** Opening Material provided block **
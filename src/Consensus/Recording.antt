-- ===== src/Consensus/Recording.antt =====
-- src/consensus/consensus.cpp: what `RecordVote` and `QuarantineNode` leave alone.
use blockchain_demo.Prelude.{
  ℕ, ◌≡◌, refl, true, Option, Bytes, codes, bytes_eq, if_cases, option_cases, Always, of_Always, [],
  ◌++◌,
}
use blockchain_demo.HashTable.{Table, get, put}
use blockchain_demo.HashTable.Hashing.{Key}
use blockchain_demo.Storage.{Sqlite, put_metadata}
use blockchain_demo.Consensus.{ConsensusEngine, ConsensusMessage, Evidence}
use blockchain_demo.Consensus.Engine.{
  event, add_event, vote_key, quarantine_node, unquarantine_node, note_in_storage,
}
use blockchain_demo.Consensus.Voting.{
  Recorded, record_vote, note_conflict, store_vote, put_back, vote_table,
}
use blockchain_demo.Consensus.Sets.{member, insert, erase}

module _ {D : Type 0} where
  -- The protocol's own state is untouched.
  pub record SameRound (e e' : ConsensusEngine D) : Type 0 where
    pub round : e'.current_round ≡ e.current_round
    pub config : e'.config ≡ e.config
    pub mode : e'.attack_mode ≡ e.attack_mode
    pub view : e'.current_view ≡ e.current_view
    pub view_changes : e'.view_change_votes ≡ e.view_change_votes

  put_back-SameRound :
      (now : ℕ) (msg : ConsensusMessage) (t : Table Bytes Bytes) (e : ConsensusEngine D)
      → SameRound e (put_back now msg t e)
  unfolding put_back add_event
  put_back-SameRound now msg t e =
      if_cases
        (λ e'. SameRound e (
          add_event now
            (event msg.height msg.view msg.instance_id msg.type msg.sender_id e.config.node_id
              msg.block_hash true [])
            e'))
        (bytes_eq msg.type (codes "COMMIT")) _ _
        (λ _. (record {
          round = refl;
          config = refl;
          mode = refl;
          view = refl;
          view_changes = refl;
        }))
        (λ _. (record {
          round = refl;
          config = refl;
          mode = refl;
          view = refl;
          view_changes = refl;
        }))

  module _ ⦃key : Key Bytes⦄ where
    store_vote-SameRound :
        (now : ℕ) (msg : ConsensusMessage) (e : ConsensusEngine D)
        → Always (λ (r : Recorded D). SameRound e r.engine) (store_vote now msg e)
    unfolding store_vote
    store_vote-SameRound now msg e =
        option_cases (Always (λ (r : Recorded D). SameRound e r.engine))
          (put (vote_table msg e) (vote_key msg) msg.block_hash) _ _ (λ _. tt)
          (λ t _. put_back-SameRound now msg t e)

    pub record_vote-SameRound :
        (dump : Evidence → Bytes) (now : ℕ) (msg : ConsensusMessage) (e : ConsensusEngine D)
        → Always (λ (r : Recorded D). SameRound e r.engine) (record_vote dump now msg e)
    unfolding record_vote note_conflict add_event
    record_vote-SameRound dump now msg e =
        let P : Option (Recorded D) → Type 0 = Always (λ (r : Recorded D). SameRound e r.engine) in
        option_cases P (get (vote_table msg e) (vote_key msg)) _ _
          (λ _. store_vote-SameRound now msg e)
          (λ old _.
            if_cases P (bytes_eq old msg.block_hash) _ _ (λ _. store_vote-SameRound now msg e)
              (λ _. (record {
                round = refl;
                config = refl;
                mode = refl;
                view = refl;
                view_changes = refl;
              })))

module _ {D : Type 0} ⦃sqlite : Sqlite D⦄ where
  note_in_storage-SameRound :
      (k v : Bytes) (e e' : ConsensusEngine D)
      → SameRound e e'
      → Always (SameRound e) (note_in_storage k v e')
  unfolding note_in_storage
  note_in_storage-SameRound k v e e' s =
      option_cases (Always (SameRound e)) e'.storage _ _ (λ _. s)
        (λ db _.
          option_cases (Always (SameRound e)) (put_metadata db k v) _ _ (λ _. tt)
            (λ db' _. record {
              round = s.round;
              config = s.config;
              mode = s.mode;
              view = s.view;
              view_changes = s.view_changes;
            }))

  pub quarantine_node-SameRound :
      (now : ℕ) (node_id reason : Bytes) (e : ConsensusEngine D)
      → Always (SameRound e) (quarantine_node now node_id reason e)
  unfolding quarantine_node add_event
  quarantine_node-SameRound now node_id reason e =
      let P = Always (SameRound e) in
      if_cases P (member node_id e.quarantined_nodes) _ _
        (λ _. (record {
          round = refl;
          config = refl;
          mode = refl;
          view = refl;
          view_changes = refl;
        }))
        (λ _.
          option_cases P
            (note_in_storage (codes "quarantine:" ++ node_id) reason
              (record e { quarantined_nodes = insert node_id e.quarantined_nodes }))
            _ _ (λ _. tt)
            (λ e' h.
              let s =
                of_Always (SameRound e) _ e'
                  (note_in_storage-SameRound (codes "quarantine:" ++ node_id) reason e
                    (record e { quarantined_nodes = insert node_id e.quarantined_nodes })
                    (record {
                      round = refl;
                      config = refl;
                      mode = refl;
                      view = refl;
                      view_changes = refl;
                    }))
                  h in
              record {
                round = s.round;
                config = s.config;
                mode = s.mode;
                view = s.view;
                view_changes = s.view_changes;
              }))

  pub unquarantine_node-SameRound :
      (now : ℕ) (node_id : Bytes) (e : ConsensusEngine D)
      → Always (SameRound e) (unquarantine_node now node_id e)
  unfolding unquarantine_node add_event
  unquarantine_node-SameRound now node_id e =
      let cleared : ConsensusEngine D = record e {
        quarantined_nodes = erase node_id e.quarantined_nodes;
      } in
      option_cases (Always (SameRound e))
        (note_in_storage (codes "quarantine:" ++ node_id) [] cleared) _ _ (λ _. tt)
        (λ e' h.
          let s =
            of_Always (SameRound e) _ e'
              (note_in_storage-SameRound (codes "quarantine:" ++ node_id) [] e cleared (record {
                round = refl;
                config = refl;
                mode = refl;
                view = refl;
                view_changes = refl;
              }))
              h in
          record {
            round = s.round;
            config = s.config;
            mode = s.mode;
            view = s.view;
            view_changes = s.view_changes;
          })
** Closing Material provided block **
Aim of the task: When you reach the line that contains "-- The protocol's own state is untouched.", stop; that line and every line before it, from the very first line of the data, should be restated word for word.

Exercise response:
filename src/Consensus/Recording.antt
-- ===== src/Consensus/Recording.antt =====
-- src/consensus/consensus.cpp: what `RecordVote` and `QuarantineNode` leave alone.
use blockchain_demo.Prelude.{
  ℕ, ◌≡◌, refl, true, Option, Bytes, codes, bytes_eq, if_cases, option_cases, Always, of_Always, [],
  ◌++◌,
}
use blockchain_demo.HashTable.{Table, get, put}
use blockchain_demo.HashTable.Hashing.{Key}
use blockchain_demo.Storage.{Sqlite, put_metadata}
use blockchain_demo.Consensus.{ConsensusEngine, ConsensusMessage, Evidence}
use blockchain_demo.Consensus.Engine.{
  event, add_event, vote_key, quarantine_node, unquarantine_node, note_in_storage,
}
use blockchain_demo.Consensus.Voting.{
  Recorded, record_vote, note_conflict, store_vote, put_back, vote_table,
}
use blockchain_demo.Consensus.Sets.{member, insert, erase}

module _ {D : Type 0} where
  -- The protocol's own state is untouched.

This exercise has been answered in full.